# Organizing hand tools



## Cajunhiker (Dec 14, 2009)

How do you organize your hand tools inside your truck(s)? Wrenches, screw drivers, utility knives, plastic pipe cutters, hand saws, tubing cutters etc?


----------



## Flyout95 (Apr 13, 2012)

Throw them in the bag...


----------



## Cajunhiker (Dec 14, 2009)

Do you somehow separate screw drivers from wrenches from nut drivers from hex keys from tape measures etc etc etc?


----------



## Shoot'N'Plumber (Apr 27, 2013)

Like Flyout said, I just have 2 tool bags. A huge one that everything is in, and a smaller one with the basics that I can quickly transfer specialty tools into and avoid always carrying in my big heavy one.


----------



## Tommy plumber (Feb 19, 2010)

I've worked with guys that kept their rusty tools all in a plastic 5-gal bucket. When they went to a top-out {new const.} they'd dump all the tools and out on the slab of the house....that's how they rolled.....:laughing:


----------



## Coolcanuck (Jan 30, 2012)

Cajunhiker said:


> How do you organize your hand tools inside your truck(s)? Wrenches, screw drivers, utility knives, plastic pipe cutters, hand saws, tubing cutters etc?


I micro everything; pex handbag, copper kit, gas handbag, hand tools bag, keep a bucket buddy with specialty tools (tub drain wrench, 1 1/2" socket, flare tool etc). I've got my cordless bags separated by drills sawzalls flashlight then grinder skillsaw 1/2" socket driver. I usually pack in my hand tool bag then grab whatever kits I need after. I'm working out of a crew can at the moment but get my space cap soon which will be so nice.


----------



## Cajunhiker (Dec 14, 2009)

That's what I need, a specialty tool bag, for those tools I need handy, just not every day. Thank for the idea Cool


----------



## sierra2000 (Sep 19, 2011)

Shoot'N'Plumber said:


> Like Flyout said, I just have 2 tool bags. A huge one that everything is in, and a smaller one with the basics that I can quickly transfer specialty tools into and avoid always carrying in my big heavy one.


Same way I do it.


----------



## mrjasontgreek (May 21, 2014)

Husky "electrician's" tool bag is great, just has the wrong name! Keeps all the basics standing up so you can see your tools and get to them without digging to the bottom. There are lots of pockets to keep things separated too. Easy to carry and it takes a lot longer to put on weight than other tool bags since there's no place to stick leftover fittings or little pieces of scrap and garbage. I find my tools don't rust out as quickly either.


----------



## Nathan901 (Feb 11, 2012)

I keep all the basic in the small husky electricians tote, and some others in a bucket organizer. Pipe wrenches, hammers and chisels hang on my cage in PVC pieces I cut custom to fit each tool. 
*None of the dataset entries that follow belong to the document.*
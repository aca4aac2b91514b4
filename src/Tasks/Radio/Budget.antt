-- ===== src/Tasks/Radio/Budget.antt =====
-- The link budget of ESP_AKS/include/SystemConfig.h over time: what the rounds of the radio task of
-- ESP_AKS/src/main.cpp offer to the UART between two moments.
use native.Mathlib.Nat.{mul-le-mul_right}
use tufan_aks.Base.{
  ℕ, leb, ◌+◌, ◌-◌, ◌*◌, ◌%◌, ◌≡◌, ◌≤◌, refl, sym, ◌∙◌, subst, ap, arith, Bool, true, false, not,
  leb→le, Bool-cases, Option-cases, if◌then◌else◌, ◌⊎◌, inl, inr, List, [], ◌∷◌, ◌++◌,
}
use tufan_aks.Base.Words.{sub32, u32_mod}
use tufan_aks.Tasks.Transmit.{TxPort}
use tufan_aks.Tasks.Transmit.Offer.{Offer, recorded}
use tufan_aks.Tasks.Transmit.Bytes.{total_bytes}
use tufan_aks.Tasks.Radio.{Radio, Round, sample_snapshot, send_snapshot, tx_tick, round}
use tufan_aks.Tasks.Radio.Run.{RoundFits, Inv, WithinRate, round-Steps}

total-++ : (xs ys : List Offer) → total_bytes (xs ++ ys) ≡ total_bytes xs + total_bytes ys
total-++ [] ys = omega arith
total-++ (x ∷ xs) ys = omega (arith, total-++ xs ys)

-- One transmission of at most b more, at least p after the last one at l.
spent :
    (s s1 p b k l0 l t : ℕ)
    → s1 ≤ s + b
    → p + l ≤ t
    → s * p + b * l0 ≤ k + b * l
    → s1 * p + b * l0 ≤ k + b * t
spent s s1 p b k l0 l t h le before =
    omega (arith, before, mul-le-mul_right p h, mul-le-mul_right b le)

-- A difference of counts is at most the ticks that have passed.
gap : (l t p : ℕ) → l ≤ t → p ≤ sub32 (t % u32_mod) (l % u32_mod) → p ≤ t - l
gap l t p h le = omega arith

-- The bytes that have been offered so far.
unfoldable pub offered : {S : Type 0} → Radio (S × List Offer) → ℕ
offered r = total_bytes r.tx.hardware.1

module _ {S : Type 0} (port : TxPort S) (boot_ms period burst : ℕ) where
  -- A round either leaves the log and the tick of the last transmission, or a period has passed since that tick.
  abbrev Gated : Round → Radio (S × List Offer) → Radio (S × List Offer) → Type 0
  Gated i r r' =
      ((r'.last_telemetry_tick ≡ r.last_telemetry_tick) × (r'.tx.hardware.1 ≡ r.tx.hardware.1))
      ⊎ ((period ≤ sub32 i.now_tick r.last_telemetry_tick) × (r'.last_telemetry_tick ≡ i.now_tick))

  sample-keeps_tick :
      (i : Round) (r : Radio (S × List Offer))
      → (sample_snapshot (recorded port) boot_ms period i r).last_telemetry_tick
        ≡ r.last_telemetry_tick
  unfolding sample_snapshot
  sample-keeps_tick i r = elim (Option-cases i.snapshot) [
    | inl e ↦ rw e refl
    | inr (d, e) ↦ rw e refl
  ]

  tick-Gated :
      (i : Round) (r : Radio (S × List Offer))
      → Gated i r (tx_tick (recorded port) boot_ms period i r)
  unfolding tx_tick send_snapshot
  tick-Gated i r = by_period (Bool-cases (leb period (sub32 i.now_tick r.last_telemetry_tick)))
    where
      timed : Radio (S × List Offer)
      timed = record r { last_telemetry_tick = i.now_tick }

      by_link :
          period ≤ sub32 i.now_tick r.last_telemetry_tick
          → (down : Bool)
          → Gated i r (
              if not down
              then send_snapshot (recorded port) boot_ms period i timed
              else sample_snapshot (recorded port) boot_ms period i timed)
      by_link le true = inr (le, sample-keeps_tick i timed)
      by_link le false = inr (le, refl)

      by_period :
          (leb period (sub32 i.now_tick r.last_telemetry_tick) ≡ true)
            ⊎ (leb period (sub32 i.now_tick r.last_telemetry_tick) ≡ false)
          → Gated i r (tx_tick (recorded port) boot_ms period i r)
      by_period (inl e) = rw (e, tx_tick) (by_link (leb→le period _ e) r.scheduler.link_down)
      by_period (inr e) = rw (e, tx_tick) (inl (refl, refl))

  round-Gated :
      (i : Round) (r : Radio (S × List Offer))
      → Gated i r (round (recorded port) boot_ms period i r)
  unfolding round
  round-Gated i r = tick-Gated i _

  -- Up to the tick c, with the last transmission at some tick l: since the tick l0, at which the account stood at k, at most
  -- 108 bytes have been offered for each packet of a burst and one more, for each period.
  abbrev pub InBudget : ℕ → ℕ → ℕ → Radio (S × List Offer) → Type 0
  InBudget k l0 c r =
      (l : ℕ) × (l ≤ c)
      × (r.last_telemetry_tick ≡ l % u32_mod)
      × (offered r * period + 108 * (burst + 1) * l0 ≤ k + 108 * (burst + 1) * l)

  same-offered :
      (r r' : Radio (S × List Offer)) → r'.tx.hardware.1 ≡ r.tx.hardware.1 → offered r' ≡ offered r
  unfolding offered
  same-offered r r' e = ap total_bytes e

  rate-offered :
      (r r' : Radio (S × List Offer))
      → WithinRate burst r r'
      → offered r' ≤ offered r + 108 * (burst + 1)
  unfolding offered
  rate-offered r r' (new, e, b) = omega (arith, ap total_bytes e, total-++ r.tx.hardware.1 new, b)

  pub round-InBudget :
      (i : Round) (r : Radio (S × List Offer)) (k l0 c t : ℕ)
      → Inv burst r
      → RoundFits i
      → c ≤ t
      → i.now_tick ≡ t % u32_mod
      → InBudget k l0 c r
      → InBudget k l0 t (round (recorded port) boot_ms period i r)
  round-InBudget i r k l0 c t v f ct n (l, lc, last, account) =
      let r1 = round (recorded port) boot_ms period i r in
      elim (round-Gated i r) [
        | inl (same, log) ↦ (
          l,
          omega arith,
          same ∙ last,
          subst (λ o. o * period + 108 * (burst + 1) * l0 ≤ k + 108 * (burst + 1) * l)
              (sym (same-offered r r1 log)) account,
        )
        | inr (due, now) ↦
            (let passed : period ≤ t - l = gap l t period (omega arith) (
                subst (λ a. period ≤ sub32 a (l % u32_mod)) n
                  (subst (λ a. period ≤ sub32 i.now_tick a) last due)) in
              let grown = rate-offered r r1 (round-Steps port boot_ms period burst i r v f).1 in
              (
                t,
                omega arith,
                now ∙ n,
                spent (offered r) (offered r1) period (108 * (burst + 1)) k l0 l t grown
                    (omega arith) account,
              ))
      ]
Then I have a big plastic bin for the rest.


----------



## KoleckeINC (Oct 22, 2011)

Put all the stuff on a 5x5 tarp and sling it over the back. That's what I call Crook'n it. 
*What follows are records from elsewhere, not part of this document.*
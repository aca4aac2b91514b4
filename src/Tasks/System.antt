-- ===== src/Tasks/System.antt =====
-- What the tasks of ESP_AKS/src/main.cpp share: the mailbox of snapshots, what the CAN task puts there, and the set-up in
-- `app_main`.
use tufan_aks.Base.{ℕ, ◌≡◌, Bool, true, not, if◌then◌else◌, Option, none, some}
use tufan_aks.Data.{TelemetryData}
use tufan_aks.Actuator.{RelayActuator}
use tufan_aks.Queue.{EventQueue}
use tufan_aks.Vcu.{VcuEvent, Machine, init, set_torque_sink}
use tufan_aks.Can.{CanManager}
use tufan_aks.Can.Update.{get_telemetry_data}

-- A FreeRTOS queue of length 1, as `xQueueOverwrite` and `xQueuePeek` use it.
pub record Mailbox (A : Type 0) : Type 1 where
  pub Box : Type 0
  pub overwrite : A → Box → Box
  pub peek : Box → Option A
  pub peek-overwrite : (a : A) (b : Box) → peek (overwrite a b) ≡ some a

-- What the CAN task passes on: the speed is computed in floating point, and is an argument, as the time is.
unfoldable pub snapshot_of : ℕ → ℕ → CanManager → TelemetryData
snapshot_of speed now_ms m = record (get_telemetry_data m) {
  speed_kmh_x10 = speed;
  timestamp_ms = now_ms;
}

module _ (R : RelayActuator) (Q : EventQueue VcuEvent) where
  -- The set-up: none of the tasks starts if the relays or the mailbox cannot be set up.
  unfoldable pub app_main :
      Bool → Option Q.Handle → Bool → Bool → Machine R Q → Option (Machine R Q)
  app_main relays_ok queue mutex mailbox_ok s =
      if not relays_ok
      then none
      else if not mailbox_ok
      then none
      else some (set_torque_sink true (init R Q queue mutex s))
I use the electrician tote with a shoulder strap. Everything stands up where I can see it. Small channels and things that usually get lost go in a small remove able belt pouch clipped to the inside. And I got that radio toolbag from CLC with the d battery pack for my combo kit. So sweet.


----------



## Flyout95 (Apr 13, 2012)

KoleckeINC said:


> Put all the stuff on a 5x5 tarp and sling it over the back. That's what I call Crook'n it. I use the electrician tote with a shoulder strap. Everything stands up where I can see it. Small channels and things that usually get lost go in a small remove able belt pouch clipped to the inside. And I got that radio toolbag from CLC with the d battery pack for my combo kit. So sweet.


Is that bag worth it?


----------



## KoleckeINC (Oct 22, 2011)

It hasn't been apprentice tested (WET) yet so well see. It does have a small built in rainfly but that doesn't cover the whole bag. Btw..happy 666th post fly out! Too funny


----------